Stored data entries
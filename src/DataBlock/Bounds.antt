-- ===== src/DataBlock/Bounds.antt =====
-- ReadData and WriteData of datablock.cpp at the ends of a block.
use mathlib.Core.List.{append_assoc}
use mathlib.Core.Option.{some-injective}
use par2tbb.Base.{ℕ, zero, suc, ◌+◌, ◌-◌, ◌≤◌, ◌<◌, ◌≡◌, refl, sym, ap, ◌∙◌, arith, min, ltb}
use par2tbb.Base.{List, [], ◌∷◌, ◌++◌, length, take, drop, length-take, length-append}
use par2tbb.Base.{Bool-cases, inl, inr, ◌⊎◌, Option, none, some}
use par2tbb.Checksummer.{overwrite}
use par2tbb.Checksummer.Buffer.{take-overwrite_before, length-overwrite}
use par2tbb.Checksummer.Slices.{drop-drop}
use par2tbb.DataBlock.{DataBlock, Volume, write_data, write, wrote_all}

-- Behind what was written a buffer is as it was.
pub drop-append_eq : (n : ℕ) (xs ys : List ℕ) → n ≡ length xs → drop n (xs ++ ys) ≡ ys
drop-append_eq zero [] ys h = refl
drop-append_eq zero (x ∷ xs) ys h = absurd (omega arith)
drop-append_eq (suc n) [] ys h = absurd (omega arith)
drop-append_eq (suc n) (x ∷ xs) ys h = drop-append_eq n xs ys (omega arith)

pub drop-overwrite_behind :
    (b : List ℕ) (at : ℕ) (bytes : List ℕ) (n : ℕ)
    → at + length bytes ≤ n
    → at + length bytes ≤ length b
    → drop n (overwrite b at bytes) ≡ drop n b
drop-overwrite_behind b at bytes n h k =
    let front = take at b ++ bytes in
    let size : at + length bytes ≡ length front =
      omega (arith, length-append (take at b) bytes, length-take at b) in
    ap (λ t. drop t (overwrite b at bytes)) {y = at + length bytes + (n - (at + length bytes))}
      (omega arith)
    ∙ sym (drop-drop (at + length bytes) (n - (at + length bytes)) (overwrite b at bytes))
    ∙ ap (drop (n - (at + length bytes))) (
        ap (drop (at + length bytes)) (sym (append_assoc (take at b) bytes _))
        ∙ drop-append_eq (at + length bytes) front (drop (at + length bytes) b) size)
    ∙ drop-drop (at + length bytes) (n - (at + length bytes)) b
    ∙ ap (λ t. drop t b) {x = at + length bytes + (n - (at + length bytes))} (omega arith)

pub written :
    (v w : Volume) (at : ℕ) (bytes : List ℕ)
    → write v at bytes ≡ some w
    → w.disk.contents ≡ overwrite v.disk.contents at bytes
unfolding write
written v w at bytes done = elim (Bool-cases (v.writable at (length bytes))) [
  | inl ok ↦ sym (ap (λ (t : Volume). t.disk.contents) (some-injective _ w ((rw ok at done))))
  | inr refused ↦ absurd (cc (rw refused at done))
]

written_all :
    (have wrote : ℕ) (o : Option Volume) (w : Volume)
    → wrote_all have o ≡ some (wrote, w)
    → (o ≡ some w) × (have ≡ wrote)
written_all have wrote none w done = absurd (cc)
written_all have wrote (some v) w done =
    let same = some-injective _ _ done in (ap (λ r. some (r.1)) same, ap (λ r. r.0) same)

-- What a write leaves: nothing changed, or the front of the buffer at its place.
pub write_data-cases :
    (v w : Volume) (b : DataBlock) (position wrote : ℕ) (bytes : List ℕ)
    → write_data v b position bytes ≡ some (wrote, w)
    → ((b.length ≤ position) × (wrote ≡ 0) × (w.disk.contents ≡ v.disk.contents))
      ⊎ ((position < b.length)
          × (wrote ≡ min (length bytes) (b.length - position))
          × (w.disk.contents ≡ overwrite v.disk.contents (b.offset + position) (take wrote bytes)))
unfolding write_data
write_data-cases v w b position wrote bytes done = elim (Bool-cases (ltb position b.length)) [
  | inl inside ↦
      let have = min (length bytes) (b.length - position) in
      let (stored, count) = written_all have wrote _ w (rw inside at done) in
      inr (
        ground arith,
        sym count,
        written v w (b.offset + position) (take have bytes) stored
            ∙ ap (λ n. overwrite v.disk.contents (b.offset + position) (take n bytes)) count,
      )
  | inr outside ↦
      let same = some-injective _ _ (rw outside at done) in
      inl (ground arith, sym (ap (λ r. r.0) same), sym (ap (λ r. r.1.disk.contents) same))
]

-- In a file that holds the whole block, a WriteData that succeeds writes at most the rest of
-- the block, leaves the file as long as it was, and changes no byte before or behind the block.
pub write_data_bounds :
    (v w : Volume) (b : DataBlock) (position wrote : ℕ) (bytes : List ℕ)
    → b.offset + b.length ≤ length v.disk.contents
    → write_data v b position bytes ≡ some (wrote, w)
    → (wrote ≤ b.length - position)
      × (length w.disk.contents ≡ length v.disk.contents)
      × (take b.offset w.disk.contents ≡ take b.offset v.disk.contents)
      × (drop (b.offset + b.length) w.disk.contents ≡ drop (b.offset + b.length) v.disk.contents)
write_data_bounds v w b position wrote bytes h done =
    elim (write_data-cases v w b position wrote bytes done) [
      | inl (outside, nothing, same) ↦ rw same (omega arith, refl, refl, refl)
      | inr (inside, count, stored) ↦
          let size : length (take wrote bytes) ≡ wrote = omega (arith, length-take wrote bytes) in
          let at = b.offset + position in
          rw stored (
            omega arith,
            length-overwrite v.disk.contents at (take wrote bytes) (omega arith),
            take-overwrite_before v.disk.contents at (take wrote bytes) b.offset (omega arith)
                (omega arith),
            drop-overwrite_behind v.disk.contents at (take wrote bytes) (b.offset + b.length)
                (omega arith) (omega arith),
          )
    ]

● AIM OF THE TASK
Among the entries above, locate the lines containing "(have ≡ wrote)" and "written v w (b.offset", and transcribe exactly those two lines and all lines between.

● REPLY
    → (o ≡ some w) × (have ≡ wrote)
written_all have wrote none w done = absurd (cc)
written_all have wrote (some v) w done =
    let same = some-injective _ _ done in (ap (λ r. some (r.1)) same, ap (λ r. r.0) same)

-- What a write leaves: nothing changed, or the front of the buffer at its place.
pub write_data-cases :
    (v w : Volume) (b : DataBlock) (position wrote : ℕ) (bytes : List ℕ)
    → write_data v b position bytes ≡ some (wrote, w)
    → ((b.length ≤ position) × (wrote ≡ 0) × (w.disk.contents ≡ v.disk.contents))
      ⊎ ((position < b.length)
          × (wrote ≡ min (length bytes) (b.length - position))
          × (w.disk.contents ≡ overwrite v.disk.contents (b.offset + position) (take wrote bytes)))
unfolding write_data
write_data-cases v w b position wrote bytes done = elim (Bool-cases (ltb position b.length)) [
  | inl inside ↦
      let have = min (length bytes) (b.length - position) in
      let (stored, count) = written_all have wrote _ w (rw inside at done) in
      inr (
        ground arith,
        sym count,
        written v w (b.offset + position) (take have bytes) stored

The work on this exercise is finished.